■ Record extracts
───

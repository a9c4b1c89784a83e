-- ===== src/Storage/Book/Rounds.antt =====
-- One round of the loop of `Book::probe`, crates/attic-storage/src/book.rs.
use attic_shogi.Prelude.{
  ℕ, suc, ◌+◌, ◌-◌, ◌/◌, ◌%◌, ◌^◌, ◌≤◌, ◌<◌, ◌≡◌, ◌⊎◌, refl, ap, ◌∙◌, Bool, true, false, ltb, inl,
  inr, Option, none, some, List, arith,
}
use attic_shogi.Prelude.Result.{Result, ok, err}
use attic_shogi.Storage.Bytes.{Bytes}
use attic_shogi.Storage.Book.{
  Book, BookMove, BookError, IndexEntry, Order, less, equal, greater, cmp, read_index_entry, answer,
  probe_loop,
}

ltb-true : (a b : ℕ) → a < b → ltb a b ≡ true
ltb-true a b h = ground arith

pub ltb-false : (a b : ℕ) → b ≤ a → ltb a b ≡ false
ltb-false a b h = ground arith

-- What a probe gives.
abbrev pub Answer : Type 0
Answer = Option (Result BookError (Option (List BookMove)))

abbrev pub Ends : Answer → Type 0
Ends a = (r : Result BookError (Option (List BookMove))) × (a ≡ some r)

-- The middle of a range of a `u64` index, and of its two halves.
pub middle_lem :
    (left right : ℕ)
    → left < right
    → right < 2 ^ 63
    → (((left + (right - left) / 2) % 2 ^ 64 ≡ left + (right - left) / 2)
        × (((left + (right - left) / 2) % 2 ^ 64 + 1) % 2 ^ 64 ≡ left + (right - left) / 2 + 1)
        × (left + (right - left) / 2 < right))
middle_lem left right h w = (omega arith, omega arith, omega arith)

-- What a read of the index gives: an error, the end of the data, or an entry.
pub data Reading : Result BookError (Option IndexEntry) → Type 0 where
  broken : (e : BookError) → Reading (err e)
  ended : Reading (ok none)
  entry : (x : IndexEntry) → Reading (ok (some x))

pub reading :
    (r : Result BookError (Option IndexEntry))
    → (s : Result BookError (Option IndexEntry)) × (r ≡ s) × Reading s
reading (err e) = (_, refl, broken e)
reading (ok none) = (_, refl, ended)
reading (ok (some x)) = (_, refl, entry x)

pub Order-cases : (o : Order) → (o ≡ less) ⊎ (o ≡ equal) ⊎ (o ≡ greater)
Order-cases less = inl refl
Order-cases equal = inr (inl refl)
Order-cases greater = inr (inr refl)

module _ (b : Book) (packed : Bytes) (game_ply : ℕ) (ignore : Bool) where
  pub loop-empty :
      (fuel left right : ℕ)
      → ltb left right ≡ false
      → probe_loop (suc fuel) b packed game_ply ignore left right ≡ some (ok none)
  unfolding probe_loop
  loop-empty fuel left right e = rw (probe_loop, e) refl

  module _ (fuel left right : ℕ) (below : left < right) (small : right < 2 ^ 63) where
    abbrev middle : ℕ
    middle = left + (right - left) / 2

    at_middle :
        {r : Result BookError (Option IndexEntry)}
        → read_index_entry b middle ≡ r
        → read_index_entry b ((left + (right - left) / 2) % 2 ^ 64) ≡ r
    at_middle h = ap (read_index_entry b) (middle_lem left right below small).0 ∙ h

    -- One round, by what is read at the middle and how it compares.
    pub loop-err :
        (e : BookError)
        → read_index_entry b middle ≡ err e
        → probe_loop (suc fuel) b packed game_ply ignore left right ≡ some (err e)
    unfolding probe_loop
    loop-err e h = rw (probe_loop, ltb-true left right below, at_middle h) refl

    pub loop-none :
        read_index_entry b middle ≡ ok none
        → probe_loop (suc fuel) b packed game_ply ignore left right ≡ some (ok none)
    unfolding probe_loop
    loop-none h = rw (probe_loop, ltb-true left right below, at_middle h) refl

    pub loop-less :
        (x : IndexEntry)
        → read_index_entry b middle ≡ ok (some x)
        → cmp packed x.packed ≡ less
        → probe_loop (suc fuel) b packed game_ply ignore left right
          ≡ probe_loop fuel b packed game_ply ignore left middle
    unfolding probe_loop
    loop-less x h o =
        rw (probe_loop, ltb-true left right below, at_middle h, o)
          (ap (λ m. probe_loop fuel b packed game_ply ignore left m)
            (middle_lem left right below small).0)

    pub loop-greater :
        (x : IndexEntry)
        → read_index_entry b middle ≡ ok (some x)
        → cmp packed x.packed ≡ greater
        → probe_loop (suc fuel) b packed game_ply ignore left right
          ≡ probe_loop fuel b packed game_ply ignore (middle + 1) right
    unfolding probe_loop
    loop-greater x h o =
        rw (probe_loop, ltb-true left right below, at_middle h, o)
          (ap (λ m. probe_loop fuel b packed game_ply ignore m right)
            (middle_lem left right below small).1)

    pub loop-equal :
        (x : IndexEntry)
        → read_index_entry b middle ≡ ok (some x)
        → cmp packed x.packed ≡ equal
        → probe_loop (suc fuel) b packed game_ply ignore left right
          ≡ some (answer b x game_ply ignore)
    unfolding probe_loop
    loop-equal x h o = rw (probe_loop, ltb-true left right below, at_middle h, o) refl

───

■ Exercise
Look through the entries. Copy out each line with "Result" in it.

■ Written response
use attic_shogi.Prelude.Result.{Result, ok, err}
Answer = Option (Result BookError (Option (List BookMove)))
Ends a = (r : Result BookError (Option (List BookMove))) × (a ≡ some r)
pub data Reading : Result BookError (Option IndexEntry) → Type 0 where
    (r : Result BookError (Option IndexEntry))
    → (s : Result BookError (Option IndexEntry)) × (r ≡ s) × Reading s
        {r : Result BookError (Option IndexEntry)}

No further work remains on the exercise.